A region that supports availability zones is split into 4 zones. You see three zones (round robin between customers), labeled as 1, 2, and 3. You can deploy many services across availability zones – this is improving:

  • VNet: Is software-defined so can cross all zones in a single region.
  • Virtual machines: Can connect to the same subnet/address space but be in different zones. They are not in availability sets but Azure still maintains service uptime during host patching/reboots.
  • Public IP Addresses: Standard IP supports anycast and can be used to NAT/load balance across zones in a single region.

Other network resources can work with availability zones in one of two ways:

  • Zonal: Instances are deployed to a specific zone, giving optimal latency performance within that zone, but can connect to all zones in the region.
  • Zone Redundant: Instances are spread across the zone for an active/active configuration.

Examples of the above are:

  • The zone-aware VNet gateways for VPN/ExpressRoute
  • Standard load balancer
  • WAGv2 / WAFv2

Considerations

There are some things to consider when looking at availability zones.

  • Regions: The list of regions that supports availability zones is increasing slowly but it is far from complete. Some regions will not offer this highest level of availability.
  • Catchup: Not every service in Azure is aware of availability zones, but this is changing.

Let me give you two examples. The first is VM Boot Diagnostics, a service that I consider critical for seeing the console of the VM and getting serial console access without a network connection to the virtual machine. Boot Diagnostics uses an agent in the VM to write to a storage account. That storage account can be:

  • LRS: 3 replicas reside in a single compute cluster, in a single room, in a single building (availability zone).
  • GRS: LRS plus 3 asynchronous replicas in the paired region, that are not available for write unless Microsoft declares a total disaster for the primary region.

So, if I have a VM in zone 1 and a VM in zone 2, and both write to a storage account that happens to be in zone 1 (I have no control over the storage account location), and zone 1 goes down, there will be issues with the VM in zone 2. The solution would be to use ZRS GPv2 storage for Boot Diagnostics, however, the agent will not support this type of storage configuration. Gotcha!
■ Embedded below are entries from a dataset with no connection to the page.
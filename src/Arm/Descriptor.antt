-- ===== src/Arm/Descriptor.antt =====
-- The socket of the arming module, from `arm_init` to `arm_final`.
use av3_fc.Base.Int.{ℤ, pos, negsuc}
use av3_fc.Base.{ℕ, List, [], ◌∷◌, ◌++◌, ◌≡◌, refl, ◌∙◌}
use av3_fc.Arm.{State, Output, arm_send_signal, send_arm_response, zeroed, arm_init, arm_final}
use av3_fc.Arm
use av3_fc.Sockets.{Call, socket, connect, close, udp_socket}
use av3_fc.Sockets.Open.{open_after, without, without_self}

-- The outputs that close `sd`.
abbrev pub closes : ℤ → List Output → List Call
closes sd [] = []
closes sd (Arm.close ∷ os) = close sd ∷ closes sd os
closes sd (arm_send_signal code ∷ os) = closes sd os
closes sd (send_arm_response text ∷ os) = closes sd os

-- What is done to descriptors in `arm_init`, with what `socket` and `connect` give.
abbrev pub init_calls : ℤ → ℤ → List Call
init_calls created connected =
    let (s, outs) = arm_init created connected zeroed in
    (udp_socket created).1 ++ connect created connected ∷ closes s.sd outs

-- What `arm_final` does after that.
abbrev pub final_calls : ℤ → ℤ → List Call
final_calls created connected =
    let s = (arm_init created connected zeroed).0 in closes s.sd (arm_final s).1

-- If `socket` and `connect` give no error, the module closes its socket in the end, and no other. If
-- `connect` fails, `arm_init` closes the socket, and `arm_final` closes the number again: if in
-- between the number was given to another module, that one's descriptor is closed.
pub arm_init-arm_final :
    (n c e : ℕ) (fds : List ℕ)
    → (open_after (init_calls (pos n) (pos c)) fds ≡ n ∷ fds)
      × (open_after (init_calls (pos n) (pos c) ++ final_calls (pos n) (pos c)) fds ≡ fds)
      × (open_after (init_calls (pos n) (negsuc e)) fds ≡ fds)
      × (open_after
            (init_calls (pos n) (negsuc e) ++ socket (pos n) ∷ final_calls (pos n) (negsuc e))
            fds
          ≡ fds)
unfolding arm_init arm_final udp_socket
arm_init-arm_final n c e fds = (
  refl,
  without_self n fds,
  without_self n fds,
  without_self n (without n (n ∷ fds)) ∙ without_self n fds,
)
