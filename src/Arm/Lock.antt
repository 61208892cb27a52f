-- ===== src/Arm/Lock.antt =====
-- The sensor lock: what the state says about all that was received, and when the rocket is armed.
use av3_fc.Base.Int.{ℤ}
use av3_fc.Base.{
  ℕ, suc, ◌≤◌, Bool, true, false, not, ◌&&◌, ◌||◌, List, [], ◌∷◌, ◌≡◌, arith, leb, ◌==◌,
  if◌then◌else◌, get_or, min, take, length,
}
use av3_fc.Base.Bytes.{Bytes, codes, memeq}
use av3_fc.Command.{compare_buffer_to_cmd, prefix_accepted}
use av3_fc.Double.{DoubleOps}
use av3_fc.Message.{Message}
use av3_fc.Arm.{
  State, Output, arm_send_signal, zeroed, arm_init, is_upright, arm_receive_imu, arm_receive_gps,
  arm_raw_in, arm_text, safe_text, en_slock_text, di_slock_text,
}

-- What the module receives.
pub data Input : Type 0 where
  imu gps : Message → Input
  command : Bytes → ℕ → Input

-- Whether a packet switches the sensor lock: `Option` of the new setting.
pub data Switch : Type 0 where
  on off unchanged : Switch

-- The texts are tried in the order of the source, so a packet that arms or disarms is no switch.
abbrev pub switch_of : Bytes → ℕ → Switch
switch_of buffer len =
    if compare_buffer_to_cmd buffer arm_text len || compare_buffer_to_cmd buffer safe_text len
    then unchanged
    else if compare_buffer_to_cmd buffer en_slock_text len
    then on
    else if compare_buffer_to_cmd buffer di_slock_text len
    then off
    else unchanged

abbrev pub switched : Switch → Bool → Bool
switched on b = true
switched off b = false
switched unchanged b = b

-- Whether a sequence of calls of senders sends the signal to arm.
abbrev pub sends_arm : List Output → Bool
sends_arm [] = false
sends_arm (arm_send_signal code ∷ os) = memeq 3 code (codes "ARM") || sends_arm os
sends_arm (_ ∷ os) = sends_arm os

-- The setting of the lock after a history, the newest input first: on, until a packet turns it off.
abbrev pub lock_after : List Input → Bool
lock_after [] = true
lock_after (command buffer len ∷ older) = switched (switch_of buffer len) (lock_after older)
lock_after (imu m ∷ older) = lock_after older
lock_after (gps m ∷ older) = lock_after older

-- Whether the newest V8A8 message has a 3D fix.
abbrev pub fix_after : List Input → Bool
fix_after [] = false
fix_after (gps m ∷ older) =
    if memeq 4 (codes "V8A8") m.id then leb 2 (get_or m.body 0 0) else fix_after older
fix_after (imu m ∷ older) = fix_after older
fix_after (command buffer len ∷ older) = fix_after older

module _ {D : Type 0} (F : DoubleOps D) where
  -- How many IMU samples in a row, the newest included, show the rocket upright.
  abbrev pub streak : List Input → ℕ
  streak [] = 0
  streak (imu m ∷ older) = if is_upright F m then suc (streak older) else 0
  streak (gps m ∷ older) = streak older
  streak (command buffer len ∷ older) = streak older

  unfoldable pub step : Input → State → State
  step (imu m) s = arm_receive_imu F m s
  step (gps m) s = arm_receive_gps m s
  step (command buffer len) s = (arm_raw_in buffer len s).0

  -- The state after `arm_init` and a history, the newest input first.
  unfoldable pub after : ℤ → ℤ → List Input → State
  after socket connected [] = (arm_init socket connected zeroed).0
  after socket connected (i ∷ older) = step i (after socket connected older)

  -- What the state holds of a history.
  pub record Reflects (h : List Input) (s : State) : Type 0 where
    pub lock : s.slock_enable ≡ lock_after h
    pub fix : s.gps_locked ≡ fix_after h
    pub count : s.upright ≡ min 100 (streak h)

  step-Reflects :
      (i : Input) (h : List Input) (s : State) → Reflects h s → Reflects (i ∷ h) (step i s)
  unfolding step arm_receive_imu arm_receive_gps arm_raw_in
  step-Reflects (imu m) h s r = ground arith
  step-Reflects (gps m) h s r = ground arith
  step-Reflects (command buffer len) h s r = ground arith

  -- After any history the state is what the history says: the lock is the newest switch, the fix
  -- that of the newest V8A8 message, and `upright` counts the upright samples in a row, up to 100.
  pub after-Reflects :
      (socket connected : ℤ) (h : List Input) → Reflects h (after socket connected h)
  unfolding after arm_init
  after-Reflects socket connected [] = ground arith
  after-Reflects socket connected (i ∷ older) =
      step-Reflects i older (after socket connected older) (after-Reflects socket connected older)

  sends_arm-arm_raw_in :
      (buffer : Bytes) (len : ℕ) (s : State)
      → sends_arm (arm_raw_in buffer len s).1 ≡ (
          compare_buffer_to_cmd buffer arm_text len
          && (s.gps_locked && s.upright == 100 || not s.slock_enable))
  unfolding arm_raw_in memeq
  sends_arm-arm_raw_in buffer len s = ground arith

  pub hundred : (n : ℕ) → (min 100 n == 100) ≡ leb 100 n
  hundred n = ground arith

  -- After any history a packet sends the signal to arm exactly when it is taken for #YOLO and
  -- either the sensor lock is off, or the newest V8A8 message had a 3D fix and at least the last 100
  -- IMU samples were upright.
  pub arms_exactly_when :
      (socket connected : ℤ) (h : List Input) (buffer : Bytes) (len : ℕ)
      → sends_arm (arm_raw_in buffer len (after socket connected h)).1 ≡ (
          compare_buffer_to_cmd buffer arm_text len
          && (fix_after h && leb 100 (streak h) || not (lock_after h)))
  arms_exactly_when socket connected h buffer len =
      let r = after-Reflects socket connected h in
      rw (
        sends_arm-arm_raw_in buffer len (after socket connected h),
        r.lock,
        r.fix,
        r.count,
        hundred (streak h),
      )

-- Where the sensor lock is off, any packet of at most five bytes that begins the text #YOLO arms
-- the rocket, a lone # included.
pub prefix_arms :
    (buffer : Bytes) (len : ℕ) (s : State)
    → len ≤ 5
    → len ≤ length buffer
    → take len buffer ≡ take len arm_text
    → s.slock_enable ≡ false
    → sends_arm (arm_raw_in buffer len s).1 ≡ true
unfolding arm_raw_in memeq
prefix_arms buffer len s h g e lock =
    ground (arith, prefix_accepted buffer arm_text len (omega arith) g h e)
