-- ===== src/Double/Whole.antt =====
-- Numbers that meet the facts about `double`: whole numbers, with a literal m · 10^-k read as m and a
-- quotient read as its numerator. It shows that the facts can hold together.
use av3_fc.Base.Int.{ℤ, pos, negsuc, ltb_ℤ, pos_part, sub_ℕ, neg_part}
use av3_fc.Base.Bytes.{Bytes}
use av3_fc.Base.{
  zero, suc, ◌+◌, ◌*◌, ◌%◌, ◌^◌, not, [], ◌∷◌, ◌≡◌, refl, arith, if◌then◌else◌, ◌==◌, get_or,
  length,
}
use av3_fc.Double.{DoubleOps, DoubleLaws}

abbrev pub negated : ℤ → ℤ
negated (pos zero) = pos 0
negated (pos (suc n)) = negsuc n
negated (negsuc n) = pos (suc n)

abbrev pub magnitude : ℤ → ℤ
magnitude (pos n) = pos n
magnitude (negsuc n) = pos (suc n)

-- The first factor, as often as the second one is large.
abbrev pub times : ℤ → ℤ → ℤ
times (pos m) b = pos (m * (pos_part b + neg_part b))
times (negsuc m) b = negated (pos (suc m * (pos_part b + neg_part b)))

abbrev pub to_bytes : ℤ → Bytes
to_bytes (pos n) = 0 ∷ n ∷ 0 ∷ 0 ∷ 0 ∷ 0 ∷ 0 ∷ 0 ∷ []
to_bytes (negsuc n) = 1 ∷ n ∷ 0 ∷ 0 ∷ 0 ∷ 0 ∷ 0 ∷ 0 ∷ []

abbrev pub from_bytes : Bytes → ℤ
from_bytes b = if get_or b 0 0 == 0 then pos (get_or b 1 0) else negsuc (get_or b 1 0)

abbrev pub whole : DoubleOps ℤ
whole = record {
  lit = λ m k. pos m;
  of_int = λ a. a;
  neg = negated;
  fabs = magnitude;
  sqrt = λ a. a;
  exp = λ a. a;
  add = λ a b. sub_ℕ (pos_part a + pos_part b) (neg_part a + neg_part b);
  sub = λ a b. sub_ℕ (pos_part a + neg_part b) (neg_part a + pos_part b);
  mul = times;
  div = λ a b. a;
  lt = ltb_ℤ;
  le = λ a b. not (ltb_ℤ b a);
  to_u16 = λ a. pos_part a % 2 ^ 16;
  bytes_of = to_bytes;
  of_bytes = from_bytes;
}

negated-negated : (a : ℤ) → negated (negated a) ≡ a
negated-negated (pos zero) = refl
negated-negated (pos (suc n)) = refl
negated-negated (negsuc n) = refl

lt-negated : (a : ℤ) → ltb_ℤ (negated a) (pos 0) ≡ ltb_ℤ (pos 0) a
lt-negated (pos zero) = refl
lt-negated (pos (suc n)) = ground arith
lt-negated (negsuc n) = ground arith

magnitude-negated : (a : ℤ) → magnitude (negated a) ≡ magnitude a
magnitude-negated (pos zero) = refl
magnitude-negated (pos (suc n)) = refl
magnitude-negated (negsuc n) = refl

length-to_bytes : (a : ℤ) → length (to_bytes a) ≡ 8
length-to_bytes (pos n) = refl
length-to_bytes (negsuc n) = refl

times-negated : (a b : ℤ) → times (negated a) b ≡ negated (times a b)
times-negated (pos zero) b = ground arith
times-negated (pos (suc n)) b = refl
times-negated (negsuc n) b = rw negated-negated

pub whole-laws : DoubleLaws whole
whole-laws = record {
  lt_irrefl = λ a. ground arith;
  lt_of_int = λ a b h g. refl;
  lit_pos = λ m k h. ground arith;
  div_mono = λ a b c h g. g;
  lt_neg = lt-negated;
  lt_asym = λ a b h. ground arith;
  fabs-neg = magnitude-negated;
  mul-neg = times-negated;
  div-neg = λ a b. refl;
  length-bytes_of = length-to_bytes;
}
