-- ===== src/Arm/Tests.antt =====
-- Runs of the arming commands.
use av3_fc.Base.Int.{pos, negsuc}
use av3_fc.Base.{List, [], ◌∷◌, ◌++◌, ◌≡◌, refl, true, false, arith}
use av3_fc.Base.Bytes.{codes, memeq}
use av3_fc.Command.{compare_buffer_to_cmd, strncmp_eq}
use av3_fc.Double.Whole.{whole}
use av3_fc.Message.{Message}
use av3_fc.Arm.{State, zeroed, arm_raw_in, is_upright, about}
use av3_fc.Arm.Descriptor.{init_calls, final_calls, arm_init-arm_final}
use av3_fc.Sockets.{socket}
use av3_fc.Sockets.Open.{open_after}
use av3_fc.Arm.Lock.{Input, command, gps, imu, after, sends_arm, arms_exactly_when, prefix_arms}

-- A fix, and no acceleration at all.
abbrev fix : Message
fix = record { id = codes "V8A8"; timestamp = []; data_length = 1; body = 3 ∷ [] }

abbrev still : Message
still = record { id = codes "ADIS"; timestamp = []; data_length = 24; body = [] }

-- The newest input first.
abbrev locked_history : List Input
locked_history = imu still ∷ gps fix ∷ []

abbrev unlocked_history : List Input
unlocked_history = command (codes "DI_SLOCK") 8 ∷ locked_history

arms_exactly_when_example :
    sends_arm (arm_raw_in (codes "#YOLO") 5 (after whole (pos 3) (pos 0) unlocked_history)).1 ≡ true
unfolding is_upright about compare_buffer_to_cmd strncmp_eq memeq
arms_exactly_when_example =
    arms_exactly_when whole (pos 3) (pos 0) unlocked_history (codes "#YOLO") 5

abbrev unlocked : State
unlocked = record zeroed { slock_enable = false }

prefix_arms_example : sends_arm (arm_raw_in (codes "#") 1 unlocked).1 ≡ true
prefix_arms_example = prefix_arms (codes "#") 1 unlocked (omega arith) (omega arith) refl refl

arm_init-arm_final_example :
    (open_after (init_calls (pos 5) (pos 0)) (3 ∷ []) ≡ 5 ∷ 3 ∷ [])
    × (open_after (init_calls (pos 5) (pos 0) ++ final_calls (pos 5) (pos 0)) (3 ∷ []) ≡ 3 ∷ [])
    × (open_after (init_calls (pos 5) (negsuc 0)) (3 ∷ []) ≡ 3 ∷ [])
    × (open_after
          (init_calls (pos 5) (negsuc 0) ++ socket (pos 5) ∷ final_calls (pos 5) (negsuc 0))
          (3 ∷ [])
        ≡ 3 ∷ [])
arm_init-arm_final_example = arm_init-arm_final 5 0 0 (3 ∷ [])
Azure Advisor will also be a pain in the ass. Noobs are told to rely on Advisor (it is several questions in the new Azure infrastructure exams) for configuration and deployment advice. Advisor will see the above two VMs as being not highly available because they are not (and cannot) be in a common availability set, so you are advised to degrade their SLA by migrating them to a single zone for an availability set configuration – ignore that advice and be prepared to defend the decision from Azure noobs, such as management, auditors, and ill-informed consultants.

Opinion

Availability zones are important – I use them in an architecture pattern that I am working on with several customers. But you need to be aware of what they offer and how certain things do not understand them yet or do not support them yet.